We developed a questionnaire for the data collection based on guidelines for hospital discharge letters (Hesselink et al., 2012; NHG-FMS-kerngroep Revisie HASP, 2017; van Seben et al., 2019) and on literature about continuity of care of patients in the last phase of life (den Herder-van der Eerden et al., 2017; Heyland et al., 20132017).

We collected data on the following patient characteristics: gender, age at death, diagnosis, whether the hospital admission had been planned, reason for the hospital admission, duration of the hospital admission in days, discharge destination, months of survival of the patient after the hospital admission.

The hospital discharge letter was checked for presence of following items: the date the patient was admitted to the hospital, the duration of the hospital admission, the patient entry route for hospitalisation, the discharge destination, a concise conclusion or diagnosis, the care and interventions during the hospitalisation, guidance for care at home, use of medication at the time of discharge, medication that was stopped during the hospitalisation and (outpatient) clinical follow-up appointments.

We also checked whether patients' limited life expectancy was addressed during the hospitalisation, by looking for notes on these items in their medical file: indications of the patient's limited life expectancy, discussions and agreements with patient and family about preferences for treatment and care, for example, documentation of a do-not-resuscitate order (DNR-order), advance care directives completed by the patient or information whether the palliative care expert team had been involved.
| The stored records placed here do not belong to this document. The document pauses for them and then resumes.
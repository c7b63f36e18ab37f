-- ===== src/Template/Paths/Projects.antt =====
-- Project paths of a template (src/container-template.ts).
use dsh_podman.Prelude.{
  ℕ, ◌≡◌, ◌≢◌, refl, sym, ap, ◌∙◌, inl, inr, false, List, [], ◌∷◌, some, arith, Bool-cases, ◌||◌,
}
use dsh_podman.Text.{Text, has_unit, starts_with, join}
use dsh_podman.Text.Laws.{
  Without, has_unit-Without, has_unit_of_Without, split-Without_of, join-Without,
}
use dsh_podman.Segments.{resolve_path}
use dsh_podman.Segments.Laws.{resolve_path-IsName, resolve_path-join, resolve_path-All}
use dsh_podman.Template.Paths.{has_control, project_of, normalize_project_text}
use dsh_podman.Template.Paths.Laws.{IsProject, project_of-some}

join-without_control :
    (d : ℕ) (value : Text) (names : List Text)
    → b'/' ≢ d
    → has_unit d value ≡ false
    → resolve_path value ≡ some names
    → has_unit d (join b'/' names) ≡ false
join-without_control d value names n h e = has_unit_of_Without d _ (
    join-Without b'/' d names n (
      resolve_path-All (Without d) value
        (split-Without_of b'/' d value (has_unit-Without d value h)) e))

-- A project path that is accepted is a relative path of plain names: no "." or "..", no empty
-- segment, no NUL or line end, so it names a directory below the projects root.
pub normalize_project_text-IsProject :
    (value : Text) {out : Text} → normalize_project_text value ≡ some out → IsProject out
unfolding normalize_project_text
normalize_project_text-IsProject value {out} e =
    elim (Bool-cases (has_control value || starts_with value (b'/' ∷ []))) [
      | inl bad ↦ absurd (ground arith)
      | inr good ↦
          let (name, rest, found, shape) = project_of-some (resolve_path value) (ground arith) in
          (
            rw shape (clean (name ∷ rest) found good),
            (name, rest, resolve_path-IsName value found, shape),
          )
    ]
  where
    clean :
        (names : List Text)
        → resolve_path value ≡ some names
        → (has_control value || starts_with value (b'/' ∷ [])) ≡ false
        → has_control (join b'/' names) ≡ false
    clean names found good =
        unfold has_control in
        ground (
          arith,
          join-without_control 0 value names (omega arith),
          join-without_control 10 value names (omega arith),
          join-without_control 13 value names (omega arith),
        )

IsProject-relative : (value : Text) → IsProject value → starts_with value (b'/' ∷ []) ≡ false
IsProject-relative value (c, ([], rest, (n, h), shape)) = absurd (n.0 refl)
IsProject-relative value (c, (x ∷ name, [], (n, h), shape)) =
    rw shape (unfold starts_with join in ground (arith, n.3.0))
IsProject-relative value (c, (x ∷ name, m ∷ rest, (n, h), shape)) =
    rw shape (unfold starts_with join in ground (arith, n.3.0))

-- A normal project path is left as it is.
pub normalize_project_text_of_IsProject :
    (value : Text) → IsProject value → normalize_project_text value ≡ some value
unfolding normalize_project_text
normalize_project_text_of_IsProject value (c, (name, rest, h, shape)) = rw c (
    rw (IsProject-relative value (c, (name, rest, h, shape)))
      (ap project_of (ap resolve_path shape ∙ resolve_path-join name rest h) ∙ ap some (sym shape)))

-- Normalising twice is normalising once.
pub normalize_project_text_idem :
    (value out : Text)
    → normalize_project_text value ≡ some out
    → normalize_project_text out ≡ some out
normalize_project_text_idem value out e =
    normalize_project_text_of_IsProject out (normalize_project_text-IsProject value e)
Furthermore, we assessed when the hospital discharge letter had been sent and whether the hospital physician had contacted the patients' general practitioner by telephone before the patient's discharge.

2.3 Data analysis

The results are presented by descriptive statistics. The association between presence of information on patients' limited life expectancy in the medical record or the hospital discharge letter and characteristics of patients was tested for statistical significance with Pearsons' chi-square test. Data were analysed using the statistical program SPSS version 25.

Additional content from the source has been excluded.